30 Tendo os Apóstolos voltado a Jesus, contaram-Lhe tudo o que tinham feito e ensinado, 31 e Ele disse-lhes: “Vinde à parte, a um lugar solitário, e descansai um pouco”. Porque eram muitos os que iam e vinham, e nem tinham tempo para comer. 32 Entrando, pois, numa barca, retiraram-se à parte, a um lugar solitário. 33 Porém, viram-nos partir, e muitos perceberam para onde iam e acorreram lá, a pé, de todas as cidades, e chegaram primeiro que eles. 34 Ao desembarcar, Jesus viu uma grande multidão e teve compaixão deles, porque eram como ovelhas sem pastor, e começou a ensinar-lhes muitas coisas (Mc 6, 30-34).

I – Solidão e convívio

A maior felicidade nesta terra encontra- se no convívio, quando este é respeitoso, nobre e elevado. No Céu, esse convívio atingirá a perfeição no pleno gozo da Visão Beatífica. Por isso, à primeira vista não é fácil entender os elogios feitos pelos Santos à solidão. Entretanto, o isolamento pode vir a ser abençoado, pois constitui um meio ideal para um excelente relacionamento com Deus. Pode acontecer que na sadia renúncia ao instinto de sociabilidade, por motivos sobrenaturais, seja-nos dado – por uma especial graça e chamado de Deus – um inefável convívio com Ele. Esses dois gêneros de convívio com Deus constituem justamente a essência dos primeiros versículos do Evangelho do 16º Domingo do Tempo Comum.

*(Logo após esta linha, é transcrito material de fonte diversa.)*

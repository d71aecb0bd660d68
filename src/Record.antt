-- ===== src/Record.antt =====
-- src/observer/storage/record: the rows in the pages of a table, and their log.
mod Tests
pub mod Bitmap
pub mod Page
pub mod Log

Reações animais do homem – As paixões

Por sermos compostos de corpo e alma, temos algo em comum com os animais, como também com os Anjos. Em nossa imaginação e apetite sensitivo – sobretudo na raiz de nossas paixões ou emoções – somos semelhantes aos animais. Basta estarmos diante de um objeto que nos atraia ou de um outro que nos cause rejeição, para que nossas emoções e paixões nos levem a reagir de forma irracional.

Uma águia, por exemplo, descerá das alturas num vôo picado e certeiro sobre um coelho a correr pela relva. Nesse ato encontra-se um como que amor dela pelo alimento, nascido do instinto de conservação, e do qual podem brotar, por sua vez, a alegria, a ousadia, como também, o ódio aos obstáculos e às contradições, o temor, etc. Nessas tendências e reações podemos notar uma similitude com o mecanismo de nossas paixões.

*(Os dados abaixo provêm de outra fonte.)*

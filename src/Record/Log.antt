-- ===== src/Record/Log.antt =====
-- src/observer/storage/record/record_log.cpp, and the operations of a page with their log records. What
-- the log answers to a record, an LSN with it, is an argument; the vacuous log handler answers 0. A page
-- has been fetched: the pool that it lies in is there, and the entry is that of a record operation.
pub mod Changes
pub mod Recovery
use ob_htap.Prelude.{ℕ, List, [], ◌∷◌, ◌&&◌, Option, none, some, if◌then◌else◌, ltb, leb, take}
use ob_htap.Rc.{Rc, ob_succ}
use ob_htap.Record.Page.{Page, init_page, insert_row, delete_row, update_row}

-- The records of record_log.h, at one page.
pub data RecordLog : Type 0 where
  init_page_log : ℕ → RecordLog
  insert : ℕ → List ℕ → RecordLog
  delete : ℕ → RecordLog
  update : ℕ → List ℕ → RecordLog
  unknown : RecordLog

-- `Frame`: the LSN that the page was changed under at last, and the page.
pub record Frame : Type 0 where
  pub lsn : ℕ
  pub page : Page

-- What the log answers to `append`: a code and an LSN.
abbrev pub Answer : Type 0
Answer = Rc × ℕ

abbrev pub Entries : Type 0
Entries = List (ℕ × RecordLog)

-- The end of each method of `RecordLogHandler`: the frame takes the LSN.
abbrev pub stamped : Answer → Frame → Frame
stamped (rc, lsn) f = if ob_succ rc && ltb 0 lsn then record f { lsn = lsn } else f

-- What the log has then.
abbrev pub logged : Answer → RecordLog → Entries
logged (rc, lsn) e = if ob_succ rc then (lsn, e) ∷ [] else []

abbrev pub vacuous : Answer
vacuous = (Rc.success, 0)

-- `RecordPageHandler::init_empty_page`
unfoldable pub init_empty_page : Answer → ℕ → Frame → Option (Rc × Frame × Entries)
init_empty_page answer record_size f = elim (init_page record_size) [
  | none ↦ none
  | some p ↦
      some (
        answer.0,
        stamped answer (record f { page = p }),
        logged answer (init_page_log record_size),
      )
]

-- `RowRecordPageHandler::insert_record`; what the log answers is not handed on.
unfoldable pub insert_record : Answer → List ℕ → Frame → Option (Rc × Frame × Entries)
insert_record answer bytes f = elim (insert_row bytes f.page) [
  | none ↦ none
  | some (rc, none, p) ↦ some (rc, f, [])
  | some (rc, some slot, p) ↦ some (
    rc,
    stamped answer (record f { page = p }),
    logged answer (insert slot (take f.page.record_real_size bytes)),
  )
]

-- `RowRecordPageHandler::delete_record`
unfoldable pub delete_record : Answer → ℕ → Frame → Rc × Frame × Entries
delete_record answer slot f =
    let (rc, p) = delete_row slot f.page in
    if ob_succ rc
    then (rc, stamped answer (record f { page = p }), logged answer (delete slot))
    else (rc, f, [])

-- `RowRecordPageHandler::update_record`
unfoldable pub update_record : Answer → ℕ → List ℕ → Frame → Rc × Frame × Entries
update_record answer slot bytes f =
    let (rc, p) = update_row slot bytes f.page in
    if ob_succ rc
    then (
      rc,
      stamped answer (record f { page = p }),
      logged answer (update slot (take f.page.record_real_size bytes)),
    )
    else (rc, f, [])

-- `replay_init_page`, `replay_insert`, `replay_delete` and `replay_update`
unfoldable pub replay_operation : RecordLog → Frame → Option (Rc × Frame)
replay_operation (init_page_log record_size) f = elim (init_empty_page vacuous record_size f) [
  | none ↦ none
  | some (rc, f', es) ↦ some (rc, f')
]
replay_operation (insert slot bytes) f = elim (insert_record vacuous bytes f) [
  | none ↦ none
  | some (rc, f', es) ↦ some (rc, f')
]
replay_operation (delete slot) f = let (rc, f', es) = delete_record vacuous slot f in some (rc, f')
replay_operation (update slot bytes) f =
    let (rc, f', es) = update_record vacuous slot bytes f in some (rc, f')
replay_operation unknown f = some (Rc.invalid_argument, f)

-- `RecordLogReplayer::replay` of an entry for the page. An entry that the page has seen is passed over.
unfoldable pub replay : ℕ → RecordLog → Frame → Option (Rc × Frame)
replay lsn e f = if leb lsn f.lsn then some (Rc.success, f) else elim (replay_operation e f) [
  | none ↦ none
  | some (rc, f') ↦ some (if ob_succ rc then (rc, record f' { lsn = lsn }) else (rc, f'))
]

-- The entries of the log in order, until one fails.
unfoldable pub replay_all : Entries → Frame → Option (Rc × Frame)
replay_all [] f = some (Rc.success, f)
replay_all ((lsn, e) ∷ es) f = elim (replay lsn e f) [
  | none ↦ none
  | some (rc, f') ↦ let rest = replay_all es f' in if ob_succ rc then rest else some (rc, f')
]
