-- ===== src/Record/Log/Changes.antt =====
-- The changes of a page, each of which its own entry in the log makes again.
use ob_htap.Prelude.{
  ℕ, zero, suc, ◌<◌, ◌≡◌, refl, ap, ◌∙◌, List, [], ◌∷◌, ◌++◌, true, false, Option, none, some, ltb,
  leb, take, arith, Bool-cases, Option-cases, inl, inr,
}
use ob_htap.Rc.{Rc, ob_succ}
use ob_htap.Record.Bitmap.{get_bit}
use ob_htap.Record.Page.{Page, init_page, insert_row, delete_row, update_row}
use ob_htap.Record.Log.{
  RecordLog, init_page_log, insert, delete, update, Frame, Entries, init_empty_page, insert_record,
  delete_record, update_record, replay_operation, replay,
}

-- A change of a page.
pub data Change : Type 0 where
  lay_out : ℕ → Change
  put_row : List ℕ → Change
  drop_row : ℕ → Change
  set_row : ℕ → List ℕ → Change

-- A change, which the log takes under an LSN; the caller's return code is left out.
abbrev without_rc : Rc × Frame × Entries → Frame × Entries
without_rc (rc, f, es) = (f, es)

unfoldable pub perform : ℕ → Change → Frame → Option (Frame × Entries)
perform lsn (lay_out size) f = elim (init_empty_page (Rc.success, lsn) size f) [
  | none ↦ none
  | some r ↦ some (without_rc r)
]
perform lsn (put_row bytes) f = elim (insert_record (Rc.success, lsn) bytes f) [
  | none ↦ none
  | some r ↦ some (without_rc r)
]
perform lsn (drop_row slot) f = some (without_rc (delete_record (Rc.success, lsn) slot f))
perform lsn (set_row slot bytes) f =
    some (without_rc (update_record (Rc.success, lsn) slot bytes f))

unfoldable pub perform_all : List (ℕ × Change) → Frame → Option (Frame × Entries)
perform_all [] f = some (f, [])
perform_all ((lsn, c) ∷ cs) f = elim (perform lsn c f) [
  | none ↦ none
  | some (f', es) ↦ elim (perform_all cs f') [
    | none ↦ none
    | some (f'', es') ↦ some (f'', es ++ es')
  ]
]

take-take : (n : ℕ) (xs : List ℕ) → take n (take n xs) ≡ take n xs
take-take zero xs = refl
take-take (suc n) [] = refl
take-take (suc n) (x ∷ xs) = ap (◌∷◌ x) (take-take n xs)

insert_row-take :
    (bytes : List ℕ) (p : Page) → insert_row (take p.record_real_size bytes) p ≡ insert_row bytes p
unfolding insert_row
insert_row-take bytes p = ground (arith, take-take p.record_real_size bytes)

update_row-take :
    (slot : ℕ) (bytes : List ℕ) (p : Page)
    → update_row slot (take p.record_real_size bytes) p ≡ update_row slot bytes p
unfolding update_row
update_row-take slot bytes p = ground (arith, take-take p.record_real_size bytes)

insert_row_succeeds :
    (bytes : List ℕ) (p : Page) {rc : Rc} {slot : ℕ} {p' : Page}
    → insert_row bytes p ≡ some (rc, some slot, p')
    → rc ≡ Rc.success
unfolding insert_row
insert_row_succeeds bytes p h = ground arith

update_row_succeeds :
    (slot : ℕ) (bytes : List ℕ) (p : Page)
    → ob_succ (update_row slot bytes p).0 ≡ true
    → (update_row slot bytes p).0 ≡ Rc.success
unfolding update_row
update_row_succeeds slot bytes p h = ground arith

-- A change leaves the frame and the log alone, or it has one entry, whose replay makes the same change.
pub data Stepped (lsn : ℕ) (f : Frame) : Frame → Entries → Type 0 where
  idle : Stepped lsn f f []
  once :
      (e : RecordLog) (f' : Frame)
      → f'.lsn ≡ lsn
      → replay lsn e f ≡ some (Rc.success, f')
      → Stepped lsn f f' ((lsn, e) ∷ [])

module _ (lsn : ℕ) (f : Frame) (z : 0 < lsn) (l : f.lsn < lsn) where
  abbrev moved : Page → Frame
  moved p = record { lsn = lsn; page = p }

  positive : ltb 0 lsn ≡ true
  positive = ground arith

  unseen : leb lsn f.lsn ≡ false
  unseen = ground arith

  -- The replay of an entry whose operation succeeds.
  replay_moved :
      (e : RecordLog) (p : Page)
      → replay_operation e f ≡ some (Rc.success, record f { page = p })
      → replay lsn e f ≡ some (Rc.success, moved p)
  unfolding replay
  replay_moved e p h = rw (unseen, h) refl

  lay_out_lem :
      (size : ℕ) {f' : Frame} {es : Entries}
      → perform lsn (lay_out size) f ≡ some (f', es)
      → Stepped lsn f f' es
  unfolding perform init_empty_page replay_operation
  lay_out_lem size {f'} {es} h = elim (Option-cases (init_page size)) [
    | inl n ↦ absurd (ground arith)
    | inr (p, e) ↦
        let a : f' ≡ moved p = ground (arith, positive) in
        let b : es ≡ (lsn, init_page_log size) ∷ [] = ground arith in
        rw (a, b)
          (once (init_page_log size) (moved p) refl
            (replay_moved (init_page_log size) p (rw (e, replay_operation) refl)))
  ]

  put_row_lem :
      (bytes : List ℕ) {f' : Frame} {es : Entries}
      → perform lsn (put_row bytes) f ≡ some (f', es)
      → Stepped lsn f f' es
  unfolding perform insert_record replay_operation
  put_row_lem bytes {f'} {es} h = elim (Option-cases (insert_row bytes f.page)) [
    | inl n ↦ absurd (ground arith)
    | inr ((rc, none, p), e) ↦
        let a : f' ≡ f = ground arith in let b : es ≡ [] = ground arith in rw (a, b) idle
    | inr ((rc, some slot, p), e) ↦
        let ok : rc ≡ Rc.success = insert_row_succeeds bytes f.page e in
        let entry = insert slot (take f.page.record_real_size bytes) in
        let a : f' ≡ moved p = ground (arith, positive) in
        let b : es ≡ (lsn, entry) ∷ [] = ground arith in
        let same : insert_row (take f.page.record_real_size bytes) f.page
            ≡ some (rc, some slot, p) =
          insert_row-take bytes f.page ∙ e in
        rw (a, b)
          (once entry (moved p) refl (replay_moved entry p (rw (same, ok, replay_operation) refl)))
  ]

  drop_row_lem :
      (slot : ℕ) {f' : Frame} {es : Entries}
      → perform lsn (drop_row slot) f ≡ some (f', es)
      → Stepped lsn f f' es
  unfolding perform delete_record replay_operation delete_row
  drop_row_lem slot {f'} {es} h = elim (Bool-cases (get_bit f.page.bitmap slot)) [
    | inl y ↦
        let p = (delete_row slot f.page).1 in
        let a : f' ≡ moved p = ground (arith, positive) in
        let b : es ≡ (lsn, delete slot) ∷ [] = ground arith in
        rw (a, b) (once (delete slot) (moved p) refl (replay_moved (delete slot) p (ground arith)))
    | inr n ↦ let a : f' ≡ f = ground arith in let b : es ≡ [] = ground arith in rw (a, b) idle
  ]

  set_row_lem :
      (slot : ℕ) (bytes : List ℕ) {f' : Frame} {es : Entries}
      → perform lsn (set_row slot bytes) f ≡ some (f', es)
      → Stepped lsn f f' es
  unfolding perform update_record replay_operation
  set_row_lem slot bytes {f'} {es} h =
      elim (Bool-cases (ob_succ (update_row slot bytes f.page).0)) [
        | inl y ↦
            let p = (update_row slot bytes f.page).1 in
            let ok = update_row_succeeds slot bytes f.page y in
            let entry = update slot (take f.page.record_real_size bytes) in
            let a : f' ≡ moved p = ground (arith, positive) in
            let b : es ≡ (lsn, entry) ∷ [] = ground arith in
            rw (a, b)
              (once entry (moved p) refl (
                replay_moved entry p (
                  rw (update_row-take slot bytes f.page, ok, replay_operation, update_record)
                    refl)))
        | inr n ↦ let a : f' ≡ f = ground arith in let b : es ≡ [] = ground arith in rw (a, b) idle
      ]

pub perform-Stepped :
    (lsn : ℕ) (f : Frame) (c : Change) {f' : Frame} {es : Entries}
    → f.lsn < lsn
    → perform lsn c f ≡ some (f', es)
    → Stepped lsn f f' es
perform-Stepped lsn f (lay_out size) l h = lay_out_lem lsn f (omega arith) l size h
perform-Stepped lsn f (put_row bytes) l h = put_row_lem lsn f (omega arith) l bytes h
perform-Stepped lsn f (drop_row slot) l h = drop_row_lem lsn f (omega arith) l slot h
perform-Stepped lsn f (set_row slot bytes) l h = set_row_lem lsn f (omega arith) l slot bytes h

Nem sempre as paixões são avassaladoras. Entretanto, não é raro acontecer que o sejam. De si, são neutras. Porém, quando orientadas, governadas e disciplinadas pela vontade e pela razão, e estas pela fé, elas se transformam em poderosos meios para operar maravilhas. No extremo oposto – na sua desordem – temos os vícios, tão freqüentes depois do pecado original e, sobretudo, em nossos dias: inveja, ciúmes, mentira, sensualidade, gula, etc.

O amor desregrado às criaturas e a verdadeira felicidade

Em nós, homens, esse sentir se evidencia não só com mais profundidade, mas com uma intensidade incomparavelmente maior: a inteligência, associada à imaginação, concebe um bem universal, e a vontade o anseia ilimitadamente. Santo Agostinho assim descreve esse dilema da natureza humana:

“Bom é Aquele que me criou. Ele é o meu bem, e eu exulto em sua honra por todos os bens que constituem a minha existência desde a infância. Meu pecado era não procurar n’Ele, e sim nas suas criaturas – isto é, em mim mesmo e nos outros -, os prazeres, as honras e a verdade. Eu me precipitava assim na dor, na confusão e no erro” (1) .

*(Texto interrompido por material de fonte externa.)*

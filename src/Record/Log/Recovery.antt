-- ===== src/Record/Log/Recovery.antt =====
-- Replaying the log of a page: from whatever state the page was written to disk in, the replay leads to
-- the state that it had when the log ended.
use ob_htap.Prelude.{
  ℕ, ◌≤◌, ◌<◌, ◌≡◌, refl, ◌∙◌, List, [], ◌∷◌, ◌++◌, true, some, leb, arith, Option-cases, inl, inr,
}
use ob_htap.Rc.{Rc}
use ob_htap.Record.Log.{RecordLog, Frame, Entries, replay, replay_all}
use ob_htap.Record.Log.Changes.{Change, perform, perform_all, Stepped, idle, once, perform-Stepped}

-- The LSNs rise from above `lo`.
abbrev pub AreRising : ℕ → List (ℕ × Change) → Type 0
AreRising lo [] = Unit {0}
AreRising lo ((lsn, c) ∷ cs) = (lo < lsn) × AreRising lsn cs

-- A run of changes under rising LSNs.
data Run : Frame → List (ℕ × Change) → Frame → Entries → Type 0 where
  done : {f : Frame} → Run f [] f []
  more :
      {f f' fn : Frame} {lsn : ℕ} {c : Change} {cs : List (ℕ × Change)} {es es' : Entries}
      → f.lsn < lsn
      → Stepped lsn f f' es
      → Run f' cs fn es'
      → Run f ((lsn, c) ∷ cs) fn (es ++ es')

rising_weaken : {lo hi : ℕ} (cs : List (ℕ × Change)) → lo ≤ hi → AreRising hi cs → AreRising lo cs
rising_weaken [] le r = r
rising_weaken ((lsn, c) ∷ cs) le (l, r) = (omega arith, r)

stepped_lsn :
    {lsn : ℕ} {f f' : Frame} {es : Entries} → f.lsn < lsn → Stepped lsn f f' es → f'.lsn ≤ lsn
stepped_lsn l idle = omega arith
stepped_lsn l (once e f' same h) = omega arith

perform_all-Run :
    (cs : List (ℕ × Change)) (f : Frame) {fn : Frame} {es : Entries}
    → AreRising f.lsn cs
    → perform_all cs f ≡ some (fn, es)
    → Run f cs fn es
unfolding perform_all
perform_all-Run [] f {fn} {es} r h =
    let a : fn ≡ f = ground arith in let b : es ≡ [] = ground arith in rw (a, b) done
perform_all-Run ((lsn, c) ∷ cs) f {fn} {es} (l, r) h = elim (Option-cases (perform lsn c f)) [
  | inl n ↦ absurd (ground arith)
  | inr ((f', es₁), e) ↦ elim (Option-cases (perform_all cs f')) [
    | inl n ↦ absurd (ground arith)
    | inr ((f'', es₂), e') ↦
        let step = perform-Stepped lsn f c l e in
        let rest = perform_all-Run cs f' (rising_weaken cs (stepped_lsn l step) r) e' in
        let a : fn ≡ f'' = ground arith in
        let b : es ≡ es₁ ++ es₂ = ground arith in rw (a, b) (more l step rest)
  ]
]

-- A run takes the LSN of the frame up, and no entry has a later one.
Run-bounded :
    {f fn : Frame} {cs : List (ℕ × Change)} {es : Entries} → Run f cs fn es → f.lsn ≤ fn.lsn
Run-bounded done = omega arith
Run-bounded (more l idle r) = Run-bounded r
Run-bounded (more l (once e f' same h) r) = omega (arith, Run-bounded r)

module _ (lsn : ℕ) (e : RecordLog) (es : Entries) (f : Frame) where
  replay_all_seen : lsn ≤ f.lsn → replay_all ((lsn, e) ∷ es) f ≡ replay_all es f
  unfolding replay_all replay
  replay_all_seen l =
      let seen : leb lsn f.lsn ≡ true = ground (arith, l) in rw (replay_all, replay, seen) refl

  replay_all_unseen :
      {f' : Frame}
      → replay lsn e f ≡ some (Rc.success, f')
      → replay_all ((lsn, e) ∷ es) f ≡ replay_all es f'
  unfolding replay_all
  replay_all_unseen h = rw (replay_all, h) refl

-- What a frame has seen is passed over.
Run-seen :
    {f fn : Frame} {cs : List (ℕ × Change)} {es : Entries} (r : Run f cs fn es) (g : Frame)
    (rest : Entries)
    → fn.lsn ≤ g.lsn
    → replay_all (es ++ rest) g ≡ replay_all rest g
unfolding replay_all replay
Run-seen done g rest l = refl
Run-seen (more l₁ idle r) g rest l = Run-seen r g rest l
Run-seen (more {lsn} {es'} l₁ (once e f' same h) r) g rest l =
    replay_all_seen lsn e (es' ++ rest) g (omega (arith, Run-bounded r)) ∙ Run-seen r g rest l

-- What it has not seen brings it to the end of the run.
Run-replayed :
    {f fn : Frame} {cs : List (ℕ × Change)} {es : Entries}
    → Run f cs fn es
    → replay_all es f ≡ some (Rc.success, fn)
unfolding replay_all
Run-replayed done = refl
Run-replayed (more l idle r) = Run-replayed r
Run-replayed {f} (more {lsn} {es'} l (once e f' same h) r) =
    replay_all_unseen lsn e es' f h ∙ Run-replayed r

Run-rising :
    {f fn : Frame} {cs₁ : List (ℕ × Change)} {es : Entries} (cs₂ : List (ℕ × Change))
    → Run f cs₁ fn es
    → AreRising f.lsn (cs₁ ++ cs₂)
    → AreRising fn.lsn cs₂
Run-rising cs₂ done a = a
Run-rising {cs₁ = (lsn, c) ∷ cs} cs₂ (more l step r) (l', a) =
    Run-rising cs₂ r (rising_weaken (cs ++ cs₂) (stepped_lsn l step) a)

rising_prefix :
    (lo : ℕ) (cs₁ : List (ℕ × Change)) (cs₂ : List (ℕ × Change))
    → AreRising lo (cs₁ ++ cs₂)
    → AreRising lo cs₁
rising_prefix lo [] cs₂ a = tt
rising_prefix lo ((lsn, c) ∷ cs) cs₂ (l, a) = (l, rising_prefix lsn cs cs₂ a)

-- A page changes under rising LSNs, and was written to disk somewhere on the way. From what the disk has,
-- the replay of the whole log succeeds and gives the page, with its LSN, that the run ended with.
pub recovery :
    (cs₁ cs₂ : List (ℕ × Change)) (f : Frame) {disk fn : Frame} {es₁ es₂ : Entries}
    → AreRising f.lsn (cs₁ ++ cs₂)
    → perform_all cs₁ f ≡ some (disk, es₁)
    → perform_all cs₂ disk ≡ some (fn, es₂)
    → replay_all (es₁ ++ es₂) disk ≡ some (Rc.success, fn)
recovery cs₁ cs₂ f {disk} {fn} {es₁} {es₂} a h₁ h₂ =
    let r₁ = perform_all-Run cs₁ f (rising_prefix f.lsn cs₁ cs₂ a) h₁ in
    let r₂ = perform_all-Run cs₂ disk (Run-rising cs₂ r₁ a) h₂ in
    Run-seen r₁ disk es₂ (omega arith) ∙ Run-replayed r₂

De fato, só em Deus encontra o homem a plenitude de sua felicidade. Se erigir uma criatura para O substituir, lançar-se-á em sua busca com sede insaciável. É terribilíssimo esse drama da insatisfação e, entretanto, tão comum. Os animais se saciam fora de Deus, em seu apetite natural. O homem, porém, está sempre concebendo novos e requintados prazeres, procurando-os com desejo infinito. Ouçamos, a esse respeito, São Tomás de Aquino:

“É impossível estar a bem-aventurança do homem em um bem criado. A bem-aventurança é um bem perfeito que aquieta totalmente o desejo, pois não seria o último fim se ficasse algo para desejar. O objeto da vontade, que é o apetite humano, é o bem universal, assim como o objeto do intelecto é a verdade universal. Disto fica claro que nenhuma coisa pode aquietar a vontade do homem senão o bem universal. Mas tal não se encontra em bem criado algum, a não ser só em Deus, porque toda criatura tem bondade participada. Por isso, só Deus pode satisfazer plenamente a vontade humana, segundo o que diz o Salmo 102, 5: ‘que sacia com bens o teu desejo’. Conseqüentemente, só em Deus consiste a bemaventurança do homem” (2).

Essa explicação torna patente aos nossos olhos quanto é inatingível a felicidade plena, para nós, criaturas racionais, se erigirmos um fim último que não seja o próprio Deus. Pois um bem limitado facilmente será reconhecido como tal por nossa inteligência que, em seguida, conceberá outro superior. Assim como também será movida a vontade a desejá-lo. E assim, sucessivamente, até o infinito.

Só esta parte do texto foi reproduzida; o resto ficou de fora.